(Beginning of DATA EXTRACTS)
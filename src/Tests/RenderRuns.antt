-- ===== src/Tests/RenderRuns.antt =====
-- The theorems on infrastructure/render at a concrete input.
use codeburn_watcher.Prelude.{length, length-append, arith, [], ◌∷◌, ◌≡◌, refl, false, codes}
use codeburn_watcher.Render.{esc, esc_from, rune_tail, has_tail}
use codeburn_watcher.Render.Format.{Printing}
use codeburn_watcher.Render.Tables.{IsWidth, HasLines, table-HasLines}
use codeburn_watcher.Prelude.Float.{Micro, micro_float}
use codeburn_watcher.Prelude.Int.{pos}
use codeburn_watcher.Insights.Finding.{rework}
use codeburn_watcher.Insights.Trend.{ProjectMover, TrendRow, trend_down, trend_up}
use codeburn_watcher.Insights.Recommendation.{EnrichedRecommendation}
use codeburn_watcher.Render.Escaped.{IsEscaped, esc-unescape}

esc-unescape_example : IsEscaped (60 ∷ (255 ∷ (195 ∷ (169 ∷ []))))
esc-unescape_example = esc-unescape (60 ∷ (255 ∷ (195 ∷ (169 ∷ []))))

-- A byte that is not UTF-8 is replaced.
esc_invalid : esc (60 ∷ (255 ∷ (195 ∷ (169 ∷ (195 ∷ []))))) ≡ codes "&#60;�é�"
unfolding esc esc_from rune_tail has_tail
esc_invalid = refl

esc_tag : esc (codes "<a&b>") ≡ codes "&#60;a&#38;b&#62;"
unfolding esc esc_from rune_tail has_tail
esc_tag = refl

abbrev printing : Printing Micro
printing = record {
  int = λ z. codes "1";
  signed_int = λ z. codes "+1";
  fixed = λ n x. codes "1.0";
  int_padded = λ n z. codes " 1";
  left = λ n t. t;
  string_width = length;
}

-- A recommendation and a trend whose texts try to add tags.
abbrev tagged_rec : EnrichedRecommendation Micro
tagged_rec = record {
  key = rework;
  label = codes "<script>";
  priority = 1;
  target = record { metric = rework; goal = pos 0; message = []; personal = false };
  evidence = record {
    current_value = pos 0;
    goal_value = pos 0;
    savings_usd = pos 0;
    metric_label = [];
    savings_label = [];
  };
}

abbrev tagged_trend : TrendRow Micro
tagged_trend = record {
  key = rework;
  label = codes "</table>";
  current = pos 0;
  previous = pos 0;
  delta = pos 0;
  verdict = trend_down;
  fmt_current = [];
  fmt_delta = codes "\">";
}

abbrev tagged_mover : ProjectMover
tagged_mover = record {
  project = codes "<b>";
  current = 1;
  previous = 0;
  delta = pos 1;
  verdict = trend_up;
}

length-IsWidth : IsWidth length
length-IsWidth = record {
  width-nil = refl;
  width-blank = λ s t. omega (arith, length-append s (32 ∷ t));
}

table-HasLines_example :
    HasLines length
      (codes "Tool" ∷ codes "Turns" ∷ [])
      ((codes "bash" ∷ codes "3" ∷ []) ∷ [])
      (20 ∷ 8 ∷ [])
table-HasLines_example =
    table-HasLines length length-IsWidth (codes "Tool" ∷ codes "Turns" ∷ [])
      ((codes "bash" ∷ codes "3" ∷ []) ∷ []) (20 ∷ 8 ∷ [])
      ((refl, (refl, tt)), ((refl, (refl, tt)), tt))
(End of DATA EXTRACTS)
(Beginning of DATA EXTRACTS)
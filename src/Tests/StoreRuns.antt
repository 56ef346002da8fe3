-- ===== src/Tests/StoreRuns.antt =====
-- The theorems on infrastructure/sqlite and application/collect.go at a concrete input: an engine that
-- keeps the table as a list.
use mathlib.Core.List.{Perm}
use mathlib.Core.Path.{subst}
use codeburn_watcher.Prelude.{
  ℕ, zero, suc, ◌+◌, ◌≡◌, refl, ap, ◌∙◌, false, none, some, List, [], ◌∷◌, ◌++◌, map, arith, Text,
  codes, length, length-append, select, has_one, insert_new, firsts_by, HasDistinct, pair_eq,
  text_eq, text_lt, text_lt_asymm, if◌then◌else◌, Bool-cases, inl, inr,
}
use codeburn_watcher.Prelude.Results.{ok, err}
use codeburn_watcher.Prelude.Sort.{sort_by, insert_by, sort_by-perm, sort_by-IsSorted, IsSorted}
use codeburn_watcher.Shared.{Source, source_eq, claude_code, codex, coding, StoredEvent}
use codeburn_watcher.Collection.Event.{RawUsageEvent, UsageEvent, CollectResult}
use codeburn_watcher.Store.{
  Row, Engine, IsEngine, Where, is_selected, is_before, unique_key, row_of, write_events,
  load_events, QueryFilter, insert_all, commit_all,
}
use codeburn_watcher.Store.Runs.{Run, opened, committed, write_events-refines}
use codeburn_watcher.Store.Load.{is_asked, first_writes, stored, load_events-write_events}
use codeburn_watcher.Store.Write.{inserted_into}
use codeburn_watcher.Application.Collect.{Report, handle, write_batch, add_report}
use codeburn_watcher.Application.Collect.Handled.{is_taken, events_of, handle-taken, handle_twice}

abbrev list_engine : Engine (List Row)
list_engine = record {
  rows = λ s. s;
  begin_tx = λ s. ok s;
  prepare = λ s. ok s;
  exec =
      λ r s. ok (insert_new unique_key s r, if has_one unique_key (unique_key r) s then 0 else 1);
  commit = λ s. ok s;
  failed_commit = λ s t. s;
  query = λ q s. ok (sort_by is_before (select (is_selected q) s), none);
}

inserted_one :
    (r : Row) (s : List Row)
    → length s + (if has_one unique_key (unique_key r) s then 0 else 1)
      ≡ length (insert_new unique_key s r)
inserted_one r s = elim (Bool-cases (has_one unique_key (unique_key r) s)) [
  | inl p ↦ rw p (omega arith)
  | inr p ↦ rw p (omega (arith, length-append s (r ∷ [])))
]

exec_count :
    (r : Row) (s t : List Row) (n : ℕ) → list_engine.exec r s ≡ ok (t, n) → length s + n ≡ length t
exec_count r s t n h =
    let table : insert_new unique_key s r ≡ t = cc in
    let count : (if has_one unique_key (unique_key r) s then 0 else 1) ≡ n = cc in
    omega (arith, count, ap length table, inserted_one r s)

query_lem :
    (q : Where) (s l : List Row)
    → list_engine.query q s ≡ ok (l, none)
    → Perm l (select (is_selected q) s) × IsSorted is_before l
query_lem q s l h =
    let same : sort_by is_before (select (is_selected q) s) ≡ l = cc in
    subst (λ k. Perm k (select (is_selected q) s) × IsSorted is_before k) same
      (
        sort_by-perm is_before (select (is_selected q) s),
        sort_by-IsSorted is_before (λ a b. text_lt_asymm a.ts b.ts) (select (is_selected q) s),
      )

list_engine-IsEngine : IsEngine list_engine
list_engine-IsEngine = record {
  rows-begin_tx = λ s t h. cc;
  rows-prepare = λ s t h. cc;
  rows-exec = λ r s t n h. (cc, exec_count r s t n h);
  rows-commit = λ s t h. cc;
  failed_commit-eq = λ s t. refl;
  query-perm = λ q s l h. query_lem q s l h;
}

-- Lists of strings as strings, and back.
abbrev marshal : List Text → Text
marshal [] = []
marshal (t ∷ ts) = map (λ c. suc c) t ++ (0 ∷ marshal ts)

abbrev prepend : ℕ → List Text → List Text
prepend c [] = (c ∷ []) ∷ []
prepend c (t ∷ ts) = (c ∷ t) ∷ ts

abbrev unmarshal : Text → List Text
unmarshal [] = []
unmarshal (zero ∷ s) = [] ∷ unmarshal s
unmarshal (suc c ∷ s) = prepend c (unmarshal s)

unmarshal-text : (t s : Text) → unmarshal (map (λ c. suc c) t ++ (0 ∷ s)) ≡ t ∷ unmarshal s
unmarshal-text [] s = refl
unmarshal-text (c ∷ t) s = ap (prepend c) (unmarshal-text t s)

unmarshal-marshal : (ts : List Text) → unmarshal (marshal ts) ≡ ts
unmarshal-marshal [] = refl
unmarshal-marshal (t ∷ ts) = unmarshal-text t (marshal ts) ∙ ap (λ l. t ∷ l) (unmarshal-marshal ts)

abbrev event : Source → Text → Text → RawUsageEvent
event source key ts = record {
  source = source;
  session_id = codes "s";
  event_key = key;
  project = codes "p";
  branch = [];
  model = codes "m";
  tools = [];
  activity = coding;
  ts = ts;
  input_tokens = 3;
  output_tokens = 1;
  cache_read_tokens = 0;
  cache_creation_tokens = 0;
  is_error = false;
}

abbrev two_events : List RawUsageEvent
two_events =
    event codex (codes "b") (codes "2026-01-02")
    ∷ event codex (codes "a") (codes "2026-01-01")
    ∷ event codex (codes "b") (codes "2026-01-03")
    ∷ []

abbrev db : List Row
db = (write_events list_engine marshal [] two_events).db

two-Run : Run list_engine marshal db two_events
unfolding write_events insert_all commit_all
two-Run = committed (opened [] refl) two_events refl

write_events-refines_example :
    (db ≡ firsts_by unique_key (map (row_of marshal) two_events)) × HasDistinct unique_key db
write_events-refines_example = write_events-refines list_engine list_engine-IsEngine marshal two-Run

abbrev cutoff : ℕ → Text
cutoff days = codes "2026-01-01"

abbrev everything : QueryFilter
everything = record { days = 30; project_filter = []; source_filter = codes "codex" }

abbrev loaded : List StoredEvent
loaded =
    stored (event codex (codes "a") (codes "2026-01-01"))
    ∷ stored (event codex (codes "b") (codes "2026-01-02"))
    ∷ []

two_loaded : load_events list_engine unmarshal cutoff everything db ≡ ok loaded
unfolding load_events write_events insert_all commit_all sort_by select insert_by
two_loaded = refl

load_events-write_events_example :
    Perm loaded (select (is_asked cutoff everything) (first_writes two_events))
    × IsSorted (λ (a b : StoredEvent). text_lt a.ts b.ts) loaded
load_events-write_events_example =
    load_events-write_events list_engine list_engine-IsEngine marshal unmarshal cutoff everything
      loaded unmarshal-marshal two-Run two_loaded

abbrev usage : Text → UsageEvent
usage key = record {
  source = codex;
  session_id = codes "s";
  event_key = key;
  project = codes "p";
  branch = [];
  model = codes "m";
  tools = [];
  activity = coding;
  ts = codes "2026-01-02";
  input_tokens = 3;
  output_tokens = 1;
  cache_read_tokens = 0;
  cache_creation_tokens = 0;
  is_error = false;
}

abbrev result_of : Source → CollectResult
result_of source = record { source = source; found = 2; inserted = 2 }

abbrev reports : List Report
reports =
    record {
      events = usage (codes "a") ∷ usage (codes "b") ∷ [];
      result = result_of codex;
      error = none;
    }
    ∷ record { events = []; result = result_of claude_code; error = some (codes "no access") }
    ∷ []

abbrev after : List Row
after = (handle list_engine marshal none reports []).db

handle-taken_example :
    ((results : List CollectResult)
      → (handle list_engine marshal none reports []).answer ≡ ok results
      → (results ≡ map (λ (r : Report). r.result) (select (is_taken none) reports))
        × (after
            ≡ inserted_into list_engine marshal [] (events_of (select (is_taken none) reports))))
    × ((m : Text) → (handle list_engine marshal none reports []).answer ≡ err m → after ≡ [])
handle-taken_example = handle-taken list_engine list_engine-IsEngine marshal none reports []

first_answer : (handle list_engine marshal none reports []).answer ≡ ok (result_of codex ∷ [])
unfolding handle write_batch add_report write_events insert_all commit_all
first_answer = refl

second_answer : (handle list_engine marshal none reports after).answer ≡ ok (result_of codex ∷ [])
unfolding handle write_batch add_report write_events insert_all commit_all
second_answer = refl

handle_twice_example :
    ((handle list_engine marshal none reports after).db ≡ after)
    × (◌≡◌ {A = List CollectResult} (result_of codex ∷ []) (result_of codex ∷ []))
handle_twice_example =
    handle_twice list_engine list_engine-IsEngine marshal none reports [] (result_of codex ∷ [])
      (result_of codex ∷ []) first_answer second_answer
(End of DATA EXTRACTS)
(Beginning of DATA EXTRACTS)
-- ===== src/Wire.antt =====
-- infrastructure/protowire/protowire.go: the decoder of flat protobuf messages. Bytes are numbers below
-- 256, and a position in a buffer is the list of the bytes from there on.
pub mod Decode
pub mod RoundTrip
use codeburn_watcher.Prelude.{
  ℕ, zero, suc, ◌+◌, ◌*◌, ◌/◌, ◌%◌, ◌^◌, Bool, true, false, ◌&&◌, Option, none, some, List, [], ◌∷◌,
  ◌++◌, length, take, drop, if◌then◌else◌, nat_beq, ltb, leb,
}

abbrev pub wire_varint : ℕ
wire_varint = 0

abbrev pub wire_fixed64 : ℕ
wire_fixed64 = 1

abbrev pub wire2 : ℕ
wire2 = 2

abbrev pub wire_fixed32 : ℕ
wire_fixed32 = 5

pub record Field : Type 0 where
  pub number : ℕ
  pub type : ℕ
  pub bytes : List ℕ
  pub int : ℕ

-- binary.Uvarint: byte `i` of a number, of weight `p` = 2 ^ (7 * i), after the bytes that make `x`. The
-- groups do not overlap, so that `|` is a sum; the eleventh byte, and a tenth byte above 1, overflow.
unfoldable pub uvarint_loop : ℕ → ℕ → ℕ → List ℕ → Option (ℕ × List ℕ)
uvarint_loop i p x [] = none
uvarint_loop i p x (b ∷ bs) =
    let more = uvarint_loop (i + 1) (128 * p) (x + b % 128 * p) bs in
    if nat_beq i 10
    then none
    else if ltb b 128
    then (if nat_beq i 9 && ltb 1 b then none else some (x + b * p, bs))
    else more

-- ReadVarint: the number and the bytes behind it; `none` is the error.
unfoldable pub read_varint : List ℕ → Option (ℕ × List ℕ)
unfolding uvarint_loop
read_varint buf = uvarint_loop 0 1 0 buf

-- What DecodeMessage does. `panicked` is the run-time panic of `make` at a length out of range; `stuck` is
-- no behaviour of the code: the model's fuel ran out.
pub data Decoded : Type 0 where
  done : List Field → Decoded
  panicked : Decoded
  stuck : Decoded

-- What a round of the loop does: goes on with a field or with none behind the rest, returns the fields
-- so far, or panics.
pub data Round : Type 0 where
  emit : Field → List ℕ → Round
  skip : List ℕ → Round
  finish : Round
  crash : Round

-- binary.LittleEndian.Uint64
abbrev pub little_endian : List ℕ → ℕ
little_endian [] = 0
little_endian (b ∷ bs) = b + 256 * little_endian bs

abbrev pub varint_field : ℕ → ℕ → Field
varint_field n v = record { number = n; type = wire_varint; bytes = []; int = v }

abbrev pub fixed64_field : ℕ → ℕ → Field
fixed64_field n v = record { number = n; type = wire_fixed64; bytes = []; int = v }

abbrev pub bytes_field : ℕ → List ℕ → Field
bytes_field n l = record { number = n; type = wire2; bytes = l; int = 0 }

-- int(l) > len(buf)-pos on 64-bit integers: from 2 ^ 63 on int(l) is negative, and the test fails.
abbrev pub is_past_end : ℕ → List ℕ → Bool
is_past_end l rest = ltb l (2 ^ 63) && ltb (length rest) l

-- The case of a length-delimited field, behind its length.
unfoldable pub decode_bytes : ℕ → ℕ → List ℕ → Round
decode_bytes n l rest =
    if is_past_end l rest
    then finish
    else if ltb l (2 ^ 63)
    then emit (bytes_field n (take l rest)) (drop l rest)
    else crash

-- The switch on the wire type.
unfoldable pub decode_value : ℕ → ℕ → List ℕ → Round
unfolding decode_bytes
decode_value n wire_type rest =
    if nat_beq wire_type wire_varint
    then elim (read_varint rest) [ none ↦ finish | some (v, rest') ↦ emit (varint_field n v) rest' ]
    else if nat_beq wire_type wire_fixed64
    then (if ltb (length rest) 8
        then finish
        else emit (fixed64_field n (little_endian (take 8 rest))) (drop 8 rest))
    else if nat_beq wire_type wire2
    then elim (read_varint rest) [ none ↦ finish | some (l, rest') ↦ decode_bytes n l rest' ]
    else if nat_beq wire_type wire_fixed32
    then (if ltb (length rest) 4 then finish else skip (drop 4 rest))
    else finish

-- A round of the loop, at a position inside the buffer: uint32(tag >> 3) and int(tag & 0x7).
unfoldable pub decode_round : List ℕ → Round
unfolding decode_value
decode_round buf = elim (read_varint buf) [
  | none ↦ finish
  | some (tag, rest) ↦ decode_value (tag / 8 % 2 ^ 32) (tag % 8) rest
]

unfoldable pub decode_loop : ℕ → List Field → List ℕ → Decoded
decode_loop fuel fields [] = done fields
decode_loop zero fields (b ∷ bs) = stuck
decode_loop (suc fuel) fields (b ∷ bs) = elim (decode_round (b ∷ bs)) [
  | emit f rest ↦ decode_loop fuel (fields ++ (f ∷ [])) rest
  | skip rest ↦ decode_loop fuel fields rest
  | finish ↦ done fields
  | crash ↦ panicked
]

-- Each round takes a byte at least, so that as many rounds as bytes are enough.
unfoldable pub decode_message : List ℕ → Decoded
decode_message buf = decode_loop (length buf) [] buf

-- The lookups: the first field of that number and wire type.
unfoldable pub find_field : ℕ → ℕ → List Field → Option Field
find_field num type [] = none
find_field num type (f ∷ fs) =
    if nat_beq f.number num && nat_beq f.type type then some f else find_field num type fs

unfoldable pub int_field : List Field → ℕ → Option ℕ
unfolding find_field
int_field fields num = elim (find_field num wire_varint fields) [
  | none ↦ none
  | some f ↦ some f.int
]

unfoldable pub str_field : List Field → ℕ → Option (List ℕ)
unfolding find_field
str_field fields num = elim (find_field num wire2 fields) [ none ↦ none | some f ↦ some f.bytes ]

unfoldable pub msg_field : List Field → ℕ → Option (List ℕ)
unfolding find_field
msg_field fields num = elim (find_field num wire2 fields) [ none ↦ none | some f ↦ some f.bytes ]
(End of DATA EXTRACTS)
WHAT TO WORK ON - Which lines in the data above hold the word "subst"? Return each of them.

EXERCISE OUTPUT -
use mathlib.Core.Path.{subst}
    subst (λ k. Perm k (select (is_selected q) s) × IsSorted is_before k) same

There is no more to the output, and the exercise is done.